| A big problem seems to be stability/error reporting and averaging of statistics. I've frequently had the following experience: - I can't push or something in general goes wrong with one of my repos (but not others). - Gitlab's status page is green - Other people are having issues on Twitter and tweeting @gitlabstatus about it but there is not general across-the-board outage This seems to indicate that Gitlab tolerates (and very often has) a reasonable amount of instability and error rates across its platform, but just takes the average of these as a baseline of performance: i.e. it's a very spikey graph with a reasonably high average line fit. This tweet supports this impression: https://twitter.com/gitlabstatus/status/1000001988183158785 "Errors should be down to normal" - the idea that there is an non-zero error rate that is openly described as "normal" is worrying. Not that I'd expect a constant zero error rate, but at least aiming for it should be a consideration. |
Services at this scale will have errors for all sorts of strange reasons, it doesn't mean the service is poorly engineered. In fact, if users don't notice these problems it usually means the service is resilient and robust when it encounters strange situations.

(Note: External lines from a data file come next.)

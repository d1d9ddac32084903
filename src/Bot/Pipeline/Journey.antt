-- ===== src/Bot/Pipeline/Journey.antt =====
-- From a chat's message, through both queues, to the video in the chat.
use cribe.Prelude.{
  ℕ, ◌+◌, String, true, List, [], none, some, inl, inr, ◌∷◌, ◌≡◌, ◌≢◌, ◌∙◌, ap, sym, arith, length,
}
use cribe.Prelude.Decimal.{itoa}
use cribe.Exec.{ok, Result-cases}
use cribe.Bytes.{Bytes}
use cribe.Json.Numbers.RoundTrip.{InInt64}
use cribe.Session.RoundTrip.{IsKeeping}
use cribe.Bot.Services.{Payload, Services, Video, zero_payload, queue_fetching, queue_uploading}
use cribe.Bot.World.{World, fetching, uploading, publish}
use cribe.Bot.World.History.{published, messages, length-messages, latest, History}
use cribe.Bot.Encoding.{payload_json, encode_payload}
use cribe.Bot.Encoding.RoundTrip.{payload_json-unmarshal}
use cribe.Bot.Jobs.{add_job, delete_job}
use cribe.Bot.Jobs.Counts.{in_hand}
use cribe.Bot.Fetch.{fetch}
use cribe.Bot.Fetch.Publishing.{fetch-published}
use cribe.Bot.Fetch.Storing.{fetch-hands_over}
use cribe.Bot.Upload.Delivery.{videos_to}
use cribe.Bot.Consumers.{handle_fetching, handle_uploading, fetch_decoded, give_up, report}
use cribe.Bot.Consumers.Bookkeeping.{with_job}
use cribe.Bot.Messages.{Message, handle_message}
use cribe.Bot.Messages.Sessions.{LeavesSessions, AllDefault}
use cribe.Bot.Messages.Requests.{handle_message-requests}
use cribe.Bot.Pipeline.{KeepsStores, OnlyMissing}
use cribe.Bot.Pipeline.Delivery.{fetch-delivered}

-- The latest call is the latest message that the broker took.
latest-messages :
    (h : History) (k q : String) (a b : Bytes) (rest : List (String × Bytes))
    → latest h ≡ some (publish k a, true)
    → messages h ≡ (q, b) ∷ rest
    → a ≡ b
latest-messages [] k q a b rest e g = absurd (ground arith)
latest-messages (c ∷ h) k q a b rest e g = ground arith

module _ {S : Type 0} (d : Services S) where
  -- A video that YouTube gives is given under its id again.
  abbrev pub FindsAgain : Type 0
  FindsAgain =
      (url : String) (x : Video) (s : S)
      → (d.youtube_client.get_video_context url s).0 ≡ ok x
      → (y : Video) (t : S) → (d.youtube_client.get_video_context x.id t).0 ≡ ok y
      → y.id ≡ x.id

  -- A worker by which the broker takes a message has fetched with no error, and made no call behind that.
  fetch_decoded-published :
      (c : ℕ) (p : Payload) (v : World S)
      → published (fetch_decoded d c (p, none) v).1.calls ≡ published v.calls + 1
      → ((fetch d c p (with_job d fetching p v)).0 ≡ ok tt)
        × ((fetch_decoded d c (p, none) v).1.calls
            ≡ (fetch d c p (with_job d fetching p v)).1.calls)
        × ((fetch_decoded d c (p, none) v).1.outside
            ≡ (fetch d c p (with_job d fetching p v)).1.outside)
  unfolding fetch_decoded add_job delete_job give_up report
  fetch_decoded-published c p v h =
      let sent = fetch-published d c p (with_job d fetching p v) in
      elim (Result-cases (fetch d c p (with_job d fetching p v)).0) [
        | inl (x, g) ↦ ground arith
        | inr (inl (e, g)) ↦ absurd (ground arith)
        | inr (inr (e, g)) ↦ absurd (ground arith)
      ]

  -- The message that the worker hands over is its latest call.
  fetch_decoded-latest :
      (c : ℕ) (p : Payload) (v : World S) (queue : String) (body : Bytes)
      → messages (fetch_decoded d c (p, none) v).1.calls ≡ (queue, body) ∷ messages v.calls
      → ((fetch d c p (with_job d fetching p v)).0 ≡ ok tt)
        × ((fetch_decoded d c (p, none) v).1.outside
            ≡ (fetch d c p (with_job d fetching p v)).1.outside)
        × (latest (fetch d c p (with_job d fetching p v)).1.calls
            ≡ some (publish queue_uploading body, true))
  fetch_decoded-latest c p v queue body h =
      let w = with_job d fetching p v in
      let (done, calls, outside) = fetch_decoded-published c p v (
        omega (
          arith,
          ap length h,
          length-messages (fetch_decoded d c (p, none) v).1.calls,
          length-messages v.calls,
        )) in
      let (x, f, found, format, last) = fetch-hands_over d c p w done in
      let same =
        latest-messages (fetch d c p w).1.calls queue_uploading queue
          (encode_payload (record p { mime = f.mime_type; quality = f.quality })) body
          (messages v.calls) last (ap messages (sym calls) ∙ h) in
      (done, outside, last ∙ ap (λ b. some (publish queue_uploading b, true)) same)

module _ {S : Type 0} (d : Services S) (keeping : IsKeeping d.session_backend)
    (leaves : LeavesSessions d keeping) (keeps : KeepsStores d) (lookups : OnlyMissing d) where
  fetch_decoded-delivered :
      (p : Payload) (v u : World S) (c : ℕ) (body : Bytes) (other : String)
      → InInt64 p.chat_id
      → ((x : Video) (t : S)
          → (d.youtube_client.get_video_context p.video_id t).0 ≡ ok x
          → x.id ≡ p.video_id)
      → messages (fetch_decoded d c (p, none) v).1.calls
        ≡ (queue_uploading, body) ∷ messages v.calls
      → keeps.view u.outside ≡ keeps.view (fetch_decoded d c (p, none) v).1.outside
      → in_hand p.video_id uploading (handle_uploading d body u).1.jobs
        ≡ in_hand p.video_id uploading u.jobs
      → itoa p.chat_id ≢ other
      → let u' = (handle_uploading d body u).1 in
        (videos_to (itoa p.chat_id) u'.calls ≡ videos_to (itoa p.chat_id) u.calls + 1)
        × (videos_to other u'.calls ≡ videos_to other u.calls)
  fetch_decoded-delivered p v u c body other small again taken kept idle away =
      let (done, outside, last) = fetch_decoded-latest d c p v queue_uploading body taken in
      fetch-delivered d keeps lookups c p (with_job d fetching p v) body u other small done
        (λ x e. again x v.outside e) last (kept ∙ ap keeps.view outside) idle away

  -- If the backend keeps what it is given, the other services leave the sessions alone and the stored
  -- ones are in the default state, over stores that keep what they are given, whose lookups of an object
  -- fail only for want of it, and where YouTube gives a video that it has given under its id again: let a chat's message make the broker take a
  -- request, the worker that takes up this request at any later time make it take a message for the
  -- upload, and let the stores hold what they held after that when another worker takes this message
  -- up. If that one leaves as many uploads of each video in hand as before, it has sent exactly one
  -- video to the chat that wrote, and none to another chat. The chat's id has 64 bits.
  pub message-delivered :
      (message : Message) (w v u : World S) (c : ℕ) (request body : Bytes) (other : String)
      → InInt64 message.chat_id
      → AllDefault d keeping w.outside
      → FindsAgain d
      → messages (handle_message d message w).1.calls ≡ (queue_fetching, request) ∷ messages w.calls
      → messages (handle_fetching d c request v).1.calls
        ≡ (queue_uploading, body) ∷ messages v.calls
      → keeps.view u.outside ≡ keeps.view (handle_fetching d c request v).1.outside
      → ((id : String)
          → in_hand id uploading (handle_uploading d body u).1.jobs ≡ in_hand id uploading u.jobs)
      → itoa message.chat_id ≢ other
      → let u' = (handle_uploading d body u).1 in
        (videos_to (itoa message.chat_id) u'.calls ≡ videos_to (itoa message.chat_id) u.calls + 1)
        × (videos_to other u'.calls ≡ videos_to other u.calls)
  unfolding handle_fetching
  message-delivered message w v u c request body other small all again asked taken kept idle away =
      let (video, found, e) =
        handle_message-requests d keeping leaves message w queue_fetching request all asked in
      let p = record zero_payload { video_id = video.id; chat_id = message.chat_id } in
      let read =
        ap (payload_json.unmarshal zero_payload) e ∙ payload_json-unmarshal p zero_payload small in
      fetch_decoded-delivered p v u c body other small
        (λ x t h. again message.text video _ found x t h) (rw read at taken) (rw read at kept)
        (idle video.id) away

Consider a really simply example such as making a breaking API change to your service API. Now what happens when a user doesn't refresh their web browser and continues running javascript that doesn't work against new API. This can happen with smaller services but the odds of this happening are much higher when you are a global scale.
There are other strange problems that come with large services which means all components should be fault tolerant if possible.